Segment Start: Records provided

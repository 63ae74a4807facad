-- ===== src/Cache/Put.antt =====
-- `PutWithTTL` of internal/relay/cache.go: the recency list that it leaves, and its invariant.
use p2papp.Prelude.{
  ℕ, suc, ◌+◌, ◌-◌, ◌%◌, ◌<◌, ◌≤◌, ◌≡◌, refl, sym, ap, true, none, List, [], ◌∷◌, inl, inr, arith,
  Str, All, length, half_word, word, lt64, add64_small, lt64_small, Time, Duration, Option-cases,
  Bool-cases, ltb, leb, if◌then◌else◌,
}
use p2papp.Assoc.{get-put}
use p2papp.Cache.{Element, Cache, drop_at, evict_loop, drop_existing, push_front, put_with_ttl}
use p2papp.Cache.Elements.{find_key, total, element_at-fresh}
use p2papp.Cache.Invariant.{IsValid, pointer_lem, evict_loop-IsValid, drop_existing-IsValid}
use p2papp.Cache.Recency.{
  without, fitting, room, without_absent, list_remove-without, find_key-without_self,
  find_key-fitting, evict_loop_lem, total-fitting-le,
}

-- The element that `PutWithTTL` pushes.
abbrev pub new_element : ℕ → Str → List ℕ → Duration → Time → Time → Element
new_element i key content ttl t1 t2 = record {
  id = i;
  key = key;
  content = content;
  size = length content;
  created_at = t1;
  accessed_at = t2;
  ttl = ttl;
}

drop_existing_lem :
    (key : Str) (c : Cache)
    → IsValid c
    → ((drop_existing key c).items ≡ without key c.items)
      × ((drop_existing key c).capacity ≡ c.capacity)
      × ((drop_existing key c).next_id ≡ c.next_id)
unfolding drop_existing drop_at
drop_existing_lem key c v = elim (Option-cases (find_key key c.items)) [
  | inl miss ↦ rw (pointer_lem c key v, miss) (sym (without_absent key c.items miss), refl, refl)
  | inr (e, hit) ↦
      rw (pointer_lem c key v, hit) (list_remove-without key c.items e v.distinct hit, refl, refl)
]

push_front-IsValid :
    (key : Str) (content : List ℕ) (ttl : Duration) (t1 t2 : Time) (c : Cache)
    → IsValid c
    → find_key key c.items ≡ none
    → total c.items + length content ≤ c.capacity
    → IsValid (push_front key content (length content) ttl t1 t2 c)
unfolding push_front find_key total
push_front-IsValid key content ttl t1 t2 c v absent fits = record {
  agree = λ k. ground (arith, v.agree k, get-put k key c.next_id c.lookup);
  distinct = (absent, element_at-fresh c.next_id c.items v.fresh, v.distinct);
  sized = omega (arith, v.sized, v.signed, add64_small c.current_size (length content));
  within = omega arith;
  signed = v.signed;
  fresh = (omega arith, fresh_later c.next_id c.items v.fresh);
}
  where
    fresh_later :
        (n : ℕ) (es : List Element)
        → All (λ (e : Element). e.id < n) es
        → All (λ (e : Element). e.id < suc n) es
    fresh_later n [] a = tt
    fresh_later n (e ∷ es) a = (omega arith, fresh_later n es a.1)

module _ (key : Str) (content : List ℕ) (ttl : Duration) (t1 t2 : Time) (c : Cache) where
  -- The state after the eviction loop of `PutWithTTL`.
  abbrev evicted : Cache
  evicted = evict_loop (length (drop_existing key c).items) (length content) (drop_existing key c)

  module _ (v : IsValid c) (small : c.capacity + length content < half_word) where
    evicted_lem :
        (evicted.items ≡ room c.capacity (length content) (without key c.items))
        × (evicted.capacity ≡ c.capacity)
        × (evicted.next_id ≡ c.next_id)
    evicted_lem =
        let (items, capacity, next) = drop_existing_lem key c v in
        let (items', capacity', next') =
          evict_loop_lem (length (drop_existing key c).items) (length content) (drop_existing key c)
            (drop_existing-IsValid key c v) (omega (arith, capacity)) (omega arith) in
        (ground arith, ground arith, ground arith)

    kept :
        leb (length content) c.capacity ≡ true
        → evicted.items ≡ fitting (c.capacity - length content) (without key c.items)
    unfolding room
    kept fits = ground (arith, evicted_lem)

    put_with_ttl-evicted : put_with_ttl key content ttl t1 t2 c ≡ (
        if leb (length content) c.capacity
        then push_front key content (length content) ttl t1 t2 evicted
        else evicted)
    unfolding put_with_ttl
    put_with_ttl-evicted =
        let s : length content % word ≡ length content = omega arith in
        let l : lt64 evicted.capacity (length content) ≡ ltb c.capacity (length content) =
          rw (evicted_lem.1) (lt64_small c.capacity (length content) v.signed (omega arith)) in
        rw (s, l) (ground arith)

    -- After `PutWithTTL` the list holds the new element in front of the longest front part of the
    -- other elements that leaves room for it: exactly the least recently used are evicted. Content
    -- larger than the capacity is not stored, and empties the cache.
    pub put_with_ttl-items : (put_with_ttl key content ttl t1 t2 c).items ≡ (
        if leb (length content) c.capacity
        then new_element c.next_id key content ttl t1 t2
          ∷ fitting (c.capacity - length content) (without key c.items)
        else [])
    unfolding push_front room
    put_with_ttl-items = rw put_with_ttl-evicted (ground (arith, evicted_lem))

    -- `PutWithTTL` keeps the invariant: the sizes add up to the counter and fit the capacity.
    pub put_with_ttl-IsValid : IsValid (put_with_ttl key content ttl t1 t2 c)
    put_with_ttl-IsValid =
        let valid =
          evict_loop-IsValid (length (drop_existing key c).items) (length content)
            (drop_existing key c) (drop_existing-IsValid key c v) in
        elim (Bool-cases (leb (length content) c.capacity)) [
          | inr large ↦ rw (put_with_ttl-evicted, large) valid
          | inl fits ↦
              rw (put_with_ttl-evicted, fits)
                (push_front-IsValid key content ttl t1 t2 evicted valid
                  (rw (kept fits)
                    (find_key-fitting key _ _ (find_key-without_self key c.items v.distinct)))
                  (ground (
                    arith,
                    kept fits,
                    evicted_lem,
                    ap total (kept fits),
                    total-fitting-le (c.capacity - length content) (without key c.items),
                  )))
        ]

Segment End: Records provided

§ About this exercise
For every line of the records above that holds the word "Option", count one, and state the total only.

§ Answer below
2